Runaway Climate Change - Feedbacks

Feedbacks

The core of the concept of runaway climate change is the idea of a large positive feedback within the climate system. When a change in global temperature causes an event to occur which itself changes global temperature, this is referred to as a feedback effect. If this effect acts in the same direction as the original temperature change, it is a destabilising positive feedback (e.g. warming causing more warming); and if in the opposite direction, it is a stabilising negative feedback (e.g. warming causing a cooling effect). If a sufficiently strong net positive feedback occurs, it is said that a climate tipping point has been passed and the temperature will continue to change until the changed conditions result in negative feedbacks that restabilise the climate.

An example of a negative feedback is that radiation leaving the Earth increases in proportion to the fourth power of temperature, in accordance with the Stefan-Boltzmann law. This feedback is always operational; therefore, while it may be overridden by positive feedbacks for comparatively small temperature changes it will dominate for larger temperature changes. An example of a positive feedback is the ice-albedo feedback, in which increasing temperature causes ice to melt, which increases the amount of heat that Earth absorbs. This feedback only operates in a restricted range of temperatures (those for which ice exists, and does not cover the whole surface; once all the ice has melted, the feedback ceases to operate).

Climate feedback effects can be from:

• The same cause as the forcing (e.g. rising methane levels causing more methane to be released)
• Another greenhouse gas (e.g. CO₂ causing methane release)
• On other variables (e.g. ice-albedo feedback)

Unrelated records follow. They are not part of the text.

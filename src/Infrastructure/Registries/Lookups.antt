-- ===== src/Infrastructure/Registries/Lookups.antt =====
-- What the registries find after a registration.
use prism_agent.Prelude.{
  String, Bool, false, ◌||◌, ◌≡◌, refl, some, List, [], ◌∷◌, ◌++◌, Dict, arith, lookup,
  lookup-insert, lookup-insert_self, insert, elem, any, if◌then◌else◌, Bool-cases, inl, inr, eq_iff,
  string_eq,
}
use prism_agent.Prelude.Fallible.{ok}
use prism_agent.Capabilities.Definitions.{SkillPromptDefinition}
use prism_agent.Infrastructure.Registries.{
  WorkflowDefinition, WorkflowRegistry, bind_triggers, register_workflow, get_workflow,
  get_by_trigger, add_new, collect_tools, SkillRegistry, select_skills, allowed_tools_for,
}

lookup-bind_triggers :
    (w : WorkflowDefinition) (triggers : List String) (d : Dict String WorkflowDefinition)
    (t : String)
    → lookup t (bind_triggers w triggers d) ≡ (if elem t triggers then some w else lookup t d)
unfolding bind_triggers
lookup-bind_triggers w [] d t = refl
lookup-bind_triggers w (x ∷ triggers) d t =
    ground (arith, lookup-bind_triggers w triggers (insert x w d) t, lookup-insert x t w d)

-- A registered workflow is found by its identifier and by each of its triggers, and every other
-- trigger finds what it found before.
pub get_by_trigger-register_workflow :
    (w : WorkflowDefinition) (r r' : WorkflowRegistry) (t : String)
    → register_workflow w r ≡ ok r'
    → (get_workflow r' w.id ≡ ok w)
      × (get_by_trigger r' t ≡ (if elem t w.trigger_types then some w else get_by_trigger r t))
unfolding register_workflow get_workflow get_by_trigger
get_by_trigger-register_workflow w r r' t h = (
  ground (arith, h, lookup-insert_self w.id w r.by_id),
  ground (arith, h, lookup-bind_triggers w w.trigger_types r.by_trigger t),
)

-- A tool of one of the skills.
abbrev pub allows : String → SkillPromptDefinition → Bool
allows t skill = elem t skill.allowed_tools

-- A list with no text twice.
abbrev pub AtMostOnce : List String → Type 0
AtMostOnce [] = Unit
AtMostOnce (x ∷ xs) = (elem x xs ≡ false) × AtMostOnce xs

elem-append : (t : String) (xs ys : List String) → elem t (xs ++ ys) ≡ (elem t xs || elem t ys)
elem-append t [] ys = refl
elem-append t (x ∷ xs) ys = ground (arith, elem-append t xs ys)

AtMostOnce-snoc :
    (xs : List String) (x : String) → AtMostOnce xs → elem x xs ≡ false → AtMostOnce (xs ++ x ∷ [])
AtMostOnce-snoc [] x once new = (refl, tt)
AtMostOnce-snoc (y ∷ xs) x once new = (
  ground (arith, elem-append y xs (x ∷ []), eq_iff x y, eq_iff y x),
  AtMostOnce-snoc xs x once.1 (ground arith),
)

elem-add_new :
    (t : String) (names allowed : List String)
    → elem t (add_new names allowed) ≡ (elem t allowed || elem t names)
unfolding add_new
elem-add_new t [] allowed = ground arith
elem-add_new t (x ∷ names) allowed = elim (Bool-cases (elem x allowed)) [
  | inl old ↦ rw old (ground (arith, elem-add_new t names allowed, eq_iff x t))
  | inr new ↦
      rw new
        (ground (arith, elem-add_new t names (allowed ++ x ∷ []), elem-append t allowed (x ∷ [])))
]

AtMostOnce-add_new :
    (names allowed : List String) → AtMostOnce allowed → AtMostOnce (add_new names allowed)
unfolding add_new
AtMostOnce-add_new [] allowed once = once
AtMostOnce-add_new (x ∷ names) allowed once = elim (Bool-cases (elem x allowed)) [
  | inl old ↦ rw old (AtMostOnce-add_new names allowed once)
  | inr new ↦
      rw new (AtMostOnce-add_new names (allowed ++ x ∷ []) (AtMostOnce-snoc allowed x once new))
]

elem-collect :
    (t : String) (skills : List SkillPromptDefinition) (allowed : List String)
    → elem t (collect_tools skills allowed) ≡ (elem t allowed || any (allows t) skills)
unfolding collect_tools
elem-collect t [] allowed = ground arith
elem-collect t (s ∷ skills) allowed = ground (
  arith,
  elem-collect t skills (add_new s.allowed_tools allowed),
  elem-add_new t s.allowed_tools allowed,
)

AtMostOnce-collect :
    (skills : List SkillPromptDefinition) (allowed : List String)
    → AtMostOnce allowed
    → AtMostOnce (collect_tools skills allowed)
unfolding collect_tools
AtMostOnce-collect [] allowed once = once
AtMostOnce-collect (s ∷ skills) allowed once =
    AtMostOnce-collect skills (add_new s.allowed_tools allowed)
      (AtMostOnce-add_new s.allowed_tools allowed once)

-- The tools that some registered skills allow are those that one of the skills allows, each of them
-- listed once.
pub allowed_tools_for_lem :
    (registry : SkillRegistry) (skill_ids : List String) (skills : List SkillPromptDefinition)
    → select_skills registry skill_ids ≡ ok skills
    → (tools : List String) × (allowed_tools_for registry skill_ids ≡ ok tools)
      × ((t : String) → elem t tools ≡ any (allows t) skills)
      × AtMostOnce tools
unfolding allowed_tools_for
allowed_tools_for_lem registry skill_ids skills h =
    (collect_tools skills [], rw h, λ t. elem-collect t skills [], AtMostOnce-collect skills [] tt)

Without climate feedbacks, a doubling in atmospheric carbon dioxide (CO₂) concentration would result in a global average temperature increase of around 1.2°C. Water vapor amount and clouds are probably the most important global climate feedbacks. Historical information and global climate models indicate a climate sensitivity of 1.5 to 4.5°C, with a best estimate of 3°C. This is an amplification of the carbon dioxide forcing by a factor of 2.5. Some studies suggest a lower climate sensitivity, but other studies indicate a sensitivity above this range. Partly because of the difficulty in modeling the cloud feedback, the true climate sensitivity remains uncertain.